• WORK TASK
For the material below, return exactly the lines starting at the line containing "abbrev factory_json : JsonLib" and ending at the line containing "options = record", both ends included, and no others.

◆ ◆ ◆

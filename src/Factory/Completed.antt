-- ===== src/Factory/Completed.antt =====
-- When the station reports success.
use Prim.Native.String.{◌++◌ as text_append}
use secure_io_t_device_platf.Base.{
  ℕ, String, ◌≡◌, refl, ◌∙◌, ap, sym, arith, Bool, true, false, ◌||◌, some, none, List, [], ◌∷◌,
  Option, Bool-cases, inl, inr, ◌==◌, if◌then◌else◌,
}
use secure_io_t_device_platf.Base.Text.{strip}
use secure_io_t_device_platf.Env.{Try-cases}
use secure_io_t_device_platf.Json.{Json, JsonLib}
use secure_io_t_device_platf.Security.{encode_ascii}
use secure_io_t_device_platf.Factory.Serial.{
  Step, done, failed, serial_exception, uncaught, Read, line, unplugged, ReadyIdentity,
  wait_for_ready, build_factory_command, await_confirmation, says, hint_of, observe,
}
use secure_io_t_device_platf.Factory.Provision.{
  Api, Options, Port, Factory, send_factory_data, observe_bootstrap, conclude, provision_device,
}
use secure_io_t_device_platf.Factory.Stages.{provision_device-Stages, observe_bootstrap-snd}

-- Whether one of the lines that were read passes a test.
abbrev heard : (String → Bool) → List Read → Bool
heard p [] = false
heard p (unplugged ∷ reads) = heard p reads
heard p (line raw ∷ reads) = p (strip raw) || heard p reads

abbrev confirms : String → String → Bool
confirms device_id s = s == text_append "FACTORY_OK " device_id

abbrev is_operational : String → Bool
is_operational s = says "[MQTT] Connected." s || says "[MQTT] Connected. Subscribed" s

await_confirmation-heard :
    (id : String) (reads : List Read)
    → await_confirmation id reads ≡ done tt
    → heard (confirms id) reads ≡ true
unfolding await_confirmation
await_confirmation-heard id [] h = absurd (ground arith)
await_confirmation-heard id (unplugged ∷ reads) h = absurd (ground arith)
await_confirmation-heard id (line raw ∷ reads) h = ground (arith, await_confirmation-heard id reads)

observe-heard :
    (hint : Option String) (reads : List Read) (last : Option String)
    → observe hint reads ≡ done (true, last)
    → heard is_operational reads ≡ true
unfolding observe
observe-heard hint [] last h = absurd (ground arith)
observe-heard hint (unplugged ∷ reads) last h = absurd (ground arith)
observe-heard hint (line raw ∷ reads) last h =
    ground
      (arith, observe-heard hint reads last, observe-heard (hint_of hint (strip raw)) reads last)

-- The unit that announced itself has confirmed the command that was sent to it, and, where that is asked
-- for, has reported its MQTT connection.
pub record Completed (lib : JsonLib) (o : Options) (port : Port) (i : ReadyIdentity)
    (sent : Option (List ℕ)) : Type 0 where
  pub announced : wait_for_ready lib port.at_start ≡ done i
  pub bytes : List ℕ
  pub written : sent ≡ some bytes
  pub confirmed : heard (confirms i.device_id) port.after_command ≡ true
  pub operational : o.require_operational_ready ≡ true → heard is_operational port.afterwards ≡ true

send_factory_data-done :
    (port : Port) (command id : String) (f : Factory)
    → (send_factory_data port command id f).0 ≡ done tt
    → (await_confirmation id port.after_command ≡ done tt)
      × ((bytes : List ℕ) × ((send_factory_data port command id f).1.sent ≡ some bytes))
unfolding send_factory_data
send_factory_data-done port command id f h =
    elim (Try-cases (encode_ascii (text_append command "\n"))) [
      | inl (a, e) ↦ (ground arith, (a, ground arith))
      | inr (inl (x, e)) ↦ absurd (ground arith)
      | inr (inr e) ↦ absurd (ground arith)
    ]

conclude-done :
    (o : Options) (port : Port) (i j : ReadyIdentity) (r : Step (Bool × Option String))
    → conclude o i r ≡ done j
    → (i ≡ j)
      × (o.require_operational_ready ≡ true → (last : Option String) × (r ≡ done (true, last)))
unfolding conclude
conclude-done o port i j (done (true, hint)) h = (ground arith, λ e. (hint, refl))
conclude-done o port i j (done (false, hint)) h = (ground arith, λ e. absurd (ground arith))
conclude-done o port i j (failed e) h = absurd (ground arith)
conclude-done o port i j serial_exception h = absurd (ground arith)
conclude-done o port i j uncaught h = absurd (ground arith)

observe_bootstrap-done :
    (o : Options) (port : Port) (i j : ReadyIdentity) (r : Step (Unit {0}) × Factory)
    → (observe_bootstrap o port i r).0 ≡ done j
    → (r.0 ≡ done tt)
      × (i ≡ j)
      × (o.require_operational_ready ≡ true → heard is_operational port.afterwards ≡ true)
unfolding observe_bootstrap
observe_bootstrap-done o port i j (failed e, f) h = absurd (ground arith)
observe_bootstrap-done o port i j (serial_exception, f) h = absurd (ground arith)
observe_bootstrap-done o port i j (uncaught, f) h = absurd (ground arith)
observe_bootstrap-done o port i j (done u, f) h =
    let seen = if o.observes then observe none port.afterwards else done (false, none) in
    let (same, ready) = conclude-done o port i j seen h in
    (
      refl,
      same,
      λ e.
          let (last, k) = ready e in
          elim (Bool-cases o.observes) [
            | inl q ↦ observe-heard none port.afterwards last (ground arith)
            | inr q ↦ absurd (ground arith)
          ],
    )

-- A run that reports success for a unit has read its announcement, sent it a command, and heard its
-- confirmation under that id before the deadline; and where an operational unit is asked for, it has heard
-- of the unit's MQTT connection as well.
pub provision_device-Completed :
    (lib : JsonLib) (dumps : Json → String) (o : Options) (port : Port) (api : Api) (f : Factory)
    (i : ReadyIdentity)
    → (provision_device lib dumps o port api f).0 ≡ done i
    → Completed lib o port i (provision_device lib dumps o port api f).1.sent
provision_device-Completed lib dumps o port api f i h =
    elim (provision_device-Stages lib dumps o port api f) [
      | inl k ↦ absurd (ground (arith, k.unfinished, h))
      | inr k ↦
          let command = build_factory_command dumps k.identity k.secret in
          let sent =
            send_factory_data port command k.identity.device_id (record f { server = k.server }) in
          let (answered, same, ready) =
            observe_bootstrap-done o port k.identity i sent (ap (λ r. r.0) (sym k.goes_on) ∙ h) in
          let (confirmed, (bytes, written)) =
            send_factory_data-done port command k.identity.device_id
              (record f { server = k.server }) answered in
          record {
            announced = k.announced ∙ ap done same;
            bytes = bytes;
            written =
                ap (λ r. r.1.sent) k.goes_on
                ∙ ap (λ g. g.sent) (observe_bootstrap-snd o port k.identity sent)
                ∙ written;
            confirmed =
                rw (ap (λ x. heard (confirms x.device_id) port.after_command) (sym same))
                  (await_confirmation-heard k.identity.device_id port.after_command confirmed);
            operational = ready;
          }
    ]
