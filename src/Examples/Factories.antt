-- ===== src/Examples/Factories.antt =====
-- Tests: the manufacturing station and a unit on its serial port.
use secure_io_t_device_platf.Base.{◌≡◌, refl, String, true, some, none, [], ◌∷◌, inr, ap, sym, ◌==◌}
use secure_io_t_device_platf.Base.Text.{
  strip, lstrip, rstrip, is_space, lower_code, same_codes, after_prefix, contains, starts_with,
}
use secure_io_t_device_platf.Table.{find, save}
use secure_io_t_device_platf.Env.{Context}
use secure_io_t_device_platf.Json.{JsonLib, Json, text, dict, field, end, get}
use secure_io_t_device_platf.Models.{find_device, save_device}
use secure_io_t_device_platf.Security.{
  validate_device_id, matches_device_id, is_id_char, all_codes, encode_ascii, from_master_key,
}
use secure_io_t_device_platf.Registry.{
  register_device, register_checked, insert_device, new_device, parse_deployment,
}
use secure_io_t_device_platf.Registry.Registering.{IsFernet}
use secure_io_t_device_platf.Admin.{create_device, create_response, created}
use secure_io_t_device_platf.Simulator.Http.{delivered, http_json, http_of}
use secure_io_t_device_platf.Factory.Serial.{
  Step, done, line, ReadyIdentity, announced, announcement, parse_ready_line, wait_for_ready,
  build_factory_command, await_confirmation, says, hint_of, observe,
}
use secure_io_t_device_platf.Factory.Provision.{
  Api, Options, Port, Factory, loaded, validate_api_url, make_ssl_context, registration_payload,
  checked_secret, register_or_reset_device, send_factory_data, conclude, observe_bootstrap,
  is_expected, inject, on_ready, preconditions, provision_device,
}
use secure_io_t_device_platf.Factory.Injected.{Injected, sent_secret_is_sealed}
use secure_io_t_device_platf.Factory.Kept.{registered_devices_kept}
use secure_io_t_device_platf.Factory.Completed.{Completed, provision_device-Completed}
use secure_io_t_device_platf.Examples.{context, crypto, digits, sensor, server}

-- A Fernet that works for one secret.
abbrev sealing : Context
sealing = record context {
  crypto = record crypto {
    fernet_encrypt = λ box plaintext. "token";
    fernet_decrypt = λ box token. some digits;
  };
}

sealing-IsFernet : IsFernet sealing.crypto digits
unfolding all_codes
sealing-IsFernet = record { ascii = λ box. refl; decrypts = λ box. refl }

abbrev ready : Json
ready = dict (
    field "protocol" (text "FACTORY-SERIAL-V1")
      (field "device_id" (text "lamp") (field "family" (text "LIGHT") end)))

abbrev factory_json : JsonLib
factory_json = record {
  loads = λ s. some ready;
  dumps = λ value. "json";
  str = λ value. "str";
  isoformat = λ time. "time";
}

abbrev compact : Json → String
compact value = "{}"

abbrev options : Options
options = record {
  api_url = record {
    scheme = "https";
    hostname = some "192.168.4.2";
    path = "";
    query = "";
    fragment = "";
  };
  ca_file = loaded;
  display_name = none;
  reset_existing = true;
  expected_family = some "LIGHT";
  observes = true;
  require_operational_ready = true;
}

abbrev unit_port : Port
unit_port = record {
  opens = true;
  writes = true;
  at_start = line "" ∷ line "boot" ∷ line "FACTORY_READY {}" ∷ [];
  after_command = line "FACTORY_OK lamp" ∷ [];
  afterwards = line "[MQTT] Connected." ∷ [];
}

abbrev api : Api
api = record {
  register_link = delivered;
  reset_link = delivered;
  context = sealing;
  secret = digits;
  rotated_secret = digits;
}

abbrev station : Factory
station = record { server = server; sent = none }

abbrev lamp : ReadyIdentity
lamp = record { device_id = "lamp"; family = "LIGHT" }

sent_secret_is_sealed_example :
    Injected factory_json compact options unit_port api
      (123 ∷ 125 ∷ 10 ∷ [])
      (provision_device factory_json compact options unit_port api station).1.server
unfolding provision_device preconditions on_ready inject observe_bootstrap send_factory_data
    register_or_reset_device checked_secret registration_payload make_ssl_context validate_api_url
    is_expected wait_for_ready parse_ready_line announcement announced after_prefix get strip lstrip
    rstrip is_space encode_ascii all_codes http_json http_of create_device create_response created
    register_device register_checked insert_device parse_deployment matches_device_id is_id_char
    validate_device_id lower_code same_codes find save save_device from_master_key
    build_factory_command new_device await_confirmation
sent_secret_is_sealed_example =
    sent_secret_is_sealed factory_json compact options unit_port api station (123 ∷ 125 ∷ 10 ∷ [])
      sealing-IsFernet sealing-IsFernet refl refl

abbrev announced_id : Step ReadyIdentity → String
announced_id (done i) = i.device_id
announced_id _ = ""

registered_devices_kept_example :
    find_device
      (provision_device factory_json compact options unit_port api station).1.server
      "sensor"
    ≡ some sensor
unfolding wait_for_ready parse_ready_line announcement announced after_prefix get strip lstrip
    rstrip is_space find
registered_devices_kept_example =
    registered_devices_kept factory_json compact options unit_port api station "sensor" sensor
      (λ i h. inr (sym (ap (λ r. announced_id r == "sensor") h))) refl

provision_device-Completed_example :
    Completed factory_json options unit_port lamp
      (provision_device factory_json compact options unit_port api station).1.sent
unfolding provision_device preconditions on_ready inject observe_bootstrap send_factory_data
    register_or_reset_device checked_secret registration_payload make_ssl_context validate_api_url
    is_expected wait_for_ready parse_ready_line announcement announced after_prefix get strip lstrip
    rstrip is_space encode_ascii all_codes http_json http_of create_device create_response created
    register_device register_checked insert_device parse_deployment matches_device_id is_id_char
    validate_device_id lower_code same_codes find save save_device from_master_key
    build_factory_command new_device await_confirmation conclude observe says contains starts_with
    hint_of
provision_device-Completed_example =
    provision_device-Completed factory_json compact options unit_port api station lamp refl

◆ ◆ ◆

• RESPONSE
abbrev factory_json : JsonLib
factory_json = record {
  loads = λ s. some ready;
  dumps = λ value. "json";
  str = λ value. "str";
  isoformat = λ time. "time";
}

abbrev compact : Json → String
compact value = "{}"

abbrev options : Options
options = record {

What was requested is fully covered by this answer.